Hybrid Deep Learning Framework for Acoustic Scene Classification and Environmental Sound Analysis
DOI:
https://doi.org/10.17051/NJSAP/01.02.08Keywords:
Acoustic Scene Classification, Environmental Sound Analysis, Hybrid Deep Learning, CNN, BiLSTM, Attention Mechanism.Abstract
One of the foundational building blocks of smart audio sensing systems is to automatically recognize and classify acoustic scene, represented by Acoustic Scene Classification (ASC) and Environmental Sound Analysis (ESA) and to facilitate applications of smart surveillance, context-aware computing, and autonomous environmental monitoring. Generalization of the traditional machine learning approaches that work on pre-designed spectral and temporal features has demonstrated moderate success and fail to generalize in heterogeneous and noisy real world situations.
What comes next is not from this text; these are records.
-- ===== src/Sweep/Retry.antt =====
-- apps/api/src/qbo/retry-sweep.ts: one link is tried again, and the sweep over the links that are due.
use Prim.Native.String.{String}
use invoicing_platform.Prelude.{
  ℕ, ◌+◌, Bool, true, false, ◌&&◌, not, Option, none, some, List, [], ◌∷◌, ◌==◌, first, is_some,
  select, if◌then◌else◌,
}
use invoicing_platform.Database.{
  RowId, SyncEntityType, contact, account, item, transaction, synced, failed, QboEntityType,
  qbo_payment, ContactRow, TransactionRow, SyncLinkRow, Database, gets,
}
use invoicing_platform.Accounts.{get_contact}
use invoicing_platform.Payments.{is_voided}
use invoicing_platform.Sync.Links.{find_link_by_local, state_code, qbo_code}
use invoicing_platform.Sync.Links.Failures.{
  mark_failed, find_failed_links_due, delete_never_synced_failed_link,
}
use invoicing_platform.Inbound.Body.{JsRuntime}
use invoicing_platform.Outbound.Builders.{JsOutput}
use invoicing_platform.Outbound.Effects.{QboClient, Eff, done, run, try_catch, ◌>>=◌, ◌>>◌}
use invoicing_platform.Outbound.Push.{
  RefType, contact_ref, account_ref, item_ref, ensure_entity_synced,
}
use invoicing_platform.Outbound.Removal.{
  OutboundStatus, push_skipped, OutboundResult, OutboundParams,
}
use invoicing_platform.Outbound.Documents.{sync_invoice_outbound}
use invoicing_platform.Outbound.PaymentPush.{sync_payment_outbound}
use invoicing_platform.Sweep.Reconcile.{
  Reconciled, now_linked, not_there, several_there, reconcile_document_create,
  reconcile_contact_create,
}

pub data RetryOutcome : Type 0 where
  succeeded failed_again exhausted cleared : RetryOutcome

pub record RetrySweepSummary : Type 0 where
  pub retried : ℕ
  pub succeeded : ℕ
  pub failed : ℕ
  pub terminal : ℕ
  pub cleared : ℕ

abbrev pub find_row : RowId → RowId → Database → Option TransactionRow
find_row org id db = first (λ t. t.org_id == org && t.id == id) db.transactions

abbrev pub is_gone : TransactionRow → Bool
is_gone t = if is_some t.deleted_at then true else is_voided t.status

module _ (js : JsRuntime) (out : JsOutput) (q : QboClient) where
  abbrev give_up : SyncLinkRow → SyncEntityType → String → Eff q Unit
  give_up link entity message =
      run (mark_failed link.org_id entity link.local_id link.qbo_type message) >> done tt

  abbrev sync_by_type : QboEntityType → OutboundParams → Eff q OutboundResult
  sync_by_type type params =
      if qbo_code type == qbo_code qbo_payment
      then sync_payment_outbound js out q params
      else sync_invoice_outbound js out q params

  abbrev is_push_skipped : OutboundStatus → Bool
  is_push_skipped push_skipped = true
  is_push_skipped _ = false

  -- A record that is gone and was never in QBO leaves the queue.
  abbrev clear_skipped : SyncLinkRow → TransactionRow → OutboundResult → Eff q Unit
  clear_skipped link txn result =
      if not (is_some link.qbo_id) && is_gone txn && is_push_skipped result.status
      then run (delete_never_synced_failed_link link.org_id transaction txn.id)
      else done tt

  abbrev push_again : SyncLinkRow → TransactionRow → Eff q Unit
  push_again link txn = do
    result ←
        sync_by_type link.qbo_type
          (record { org_id = link.org_id; txn_id = txn.id; user_id = none; force = false })
    clear_skipped link txn result

  abbrev after_reconcile : SyncLinkRow → TransactionRow → Reconciled → Eff q Unit
  after_reconcile link txn now_linked = done tt
  after_reconcile link txn several_there =
      give_up link transaction
        "ambiguous natural-key match during create-retry reconcile — resolve manually"
  after_reconcile link txn not_there = push_again link txn

  abbrev retry_found : SyncLinkRow → Option TransactionRow → Eff q Unit
  retry_found link none = give_up link transaction "retry: local transaction no longer exists"
  retry_found link (some txn) =
      if not (is_some link.qbo_id) && not (is_gone txn)
      then (reconcile_document_create js q link txn >>= after_reconcile link txn)
      else push_again link txn

  unfoldable pub retry_transaction_link : SyncLinkRow → Eff q Unit
  retry_transaction_link link = do
    txn ← run (gets (find_row link.org_id link.local_id))
    retry_found link txn

  -- The error of a push that fails again is recorded by the push.
  abbrev ensure_again : SyncLinkRow → RefType → Eff q Unit
  ensure_again link type =
      try_catch (ensure_entity_synced js out q link.org_id type link.local_id >> done tt)
        (λ e. done tt)

  abbrev after_contact_reconcile : SyncLinkRow → Reconciled → Eff q Unit
  after_contact_reconcile link now_linked = done tt
  after_contact_reconcile link several_there =
      give_up link contact
        "ambiguous natural-key match during create-retry reconcile — resolve manually"
  after_contact_reconcile link not_there = ensure_again link contact_ref

  abbrev retry_new_contact : SyncLinkRow → Option ContactRow → Eff q Unit
  retry_new_contact link none = give_up link contact "retry: local contact no longer exists"
  retry_new_contact link (some c) =
      reconcile_contact_create js q link c >>= after_contact_reconcile link

  unfoldable pub retry_contact_link : SyncLinkRow → Eff q Unit
  retry_contact_link link =
      if is_some link.qbo_id
      then ensure_again link contact_ref
      else (run (gets (get_contact link.org_id link.local_id)) >>= retry_new_contact link)

  -- `retryTransactionLink` or `retryRefLink`.
  abbrev pub retry_link : SyncEntityType → SyncLinkRow → Eff q Unit
  retry_link transaction link = retry_transaction_link link
  retry_link contact link = retry_contact_link link
  retry_link account link = ensure_again link account_ref
  retry_link item link = ensure_again link item_ref

  abbrev failure_outcome : Bool → Option ℕ → RetryOutcome
  failure_outcome true none = exhausted
  failure_outcome true (some at) = failed_again
  failure_outcome false at = failed_again

  abbrev pub outcome_of : Option SyncLinkRow → RetryOutcome
  outcome_of none = cleared
  outcome_of (some l) =
      if state_code l.state == state_code synced
      then succeeded
      else failure_outcome (state_code l.state == state_code failed) l.next_retry_at

  -- What is thrown is swallowed: the link says what came of it.
  unfoldable pub retry_one_failed_link : SyncLinkRow → Eff q RetryOutcome
  retry_one_failed_link link = do
    try_catch (retry_link link.entity_type link) (λ e. done tt)
    updated ← run (gets (find_link_by_local link.org_id link.entity_type link.local_id))
    done (outcome_of updated)

  abbrev pub count : RetryOutcome → RetrySweepSummary → RetrySweepSummary
  count succeeded s = record s { retried = s.retried + 1; succeeded = s.succeeded + 1 }
  count failed_again s = record s { retried = s.retried + 1; failed = s.failed + 1 }
  count exhausted s = record s { retried = s.retried + 1; terminal = s.terminal + 1 }
  count cleared s = record s { retried = s.retried + 1; cleared = s.cleared + 1 }

  unfoldable pub retry_links : List SyncLinkRow → RetrySweepSummary → Eff q RetrySweepSummary
  retry_links [] s = done s
  retry_links (l ∷ ls) s = do outcome ← retry_one_failed_link l; retry_links ls (count outcome s)

  abbrev pub has_org : RowId → List RowId → Bool
  has_org org [] = false
  has_org org (o ∷ os) = if o == org then true else has_org org os

  -- The keys of `byOrg`, in the order in which they were first met: `seen` are the ones before.
  abbrev pub orgs_of : List RowId → List SyncLinkRow → List RowId
  orgs_of seen [] = []
  orgs_of seen (l ∷ ls) =
      let without = orgs_of seen ls in
      let rest = orgs_of (l.org_id ∷ seen) ls in
      if has_org l.org_id seen then without else l.org_id ∷ rest

  -- `connected` says whether `resolveOutboundDeps` finds a connection of the organisation; an error of the
  -- database on the way is not modelled.
  unfoldable pub retry_orgs :
      (RowId → Bool) → List SyncLinkRow → List RowId → RetrySweepSummary → Eff q RetrySweepSummary
  retry_orgs connected due [] s = done s
  retry_orgs connected due (org ∷ orgs) s = do
    s' ← (if connected org then retry_links (select (λ l. l.org_id == org) due) s else done s)
    retry_orgs connected due orgs s'

  unfoldable pub run_outbound_retry_sweep : (RowId → Bool) → ℕ → Eff q RetrySweepSummary
  run_outbound_retry_sweep connected now = do
    due ← run (gets (find_failed_links_due now))
    retry_orgs connected due (orgs_of [] due)
        (record { retried = 0; succeeded = 0; failed = 0; terminal = 0; cleared = 0 })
A Hybrid Deep Learning Framework proposed in this paper combines the use of Convolutional Neural Networks (CNNs) in extracting spatial features and the use of BiLSTM networks in modeling the temporal sequence. The model performs sequential queries on log-mel spectrograms and has an attention based on prioritization of important acoustic patterns and thus aims to gain discriminative power. Investigations on two benchmark datasets TUT Urban Acoustic Scenes 2018 and ESC-50 show that the proposed method outperforms CNN and LSTM baseline architectures in the classification accuracy and obtains the result of 89.6% for ASC and 88.3% for ESA. Further robustness testing using a variety of signal-to-noise ratios verifies the model cannot be easily and reliably distorted by environmental noise, although performance is slightly compromised as low SNR environments are used. These outcomes reflect the functionality of the framework when being applied to practical deployments requiring superb accuracy and noise resilience. The suggested solution is scalable and generalizable to the task of acoustic signal understanding, and in the future may integrate it into multimodal sensing systems and edge AI applications.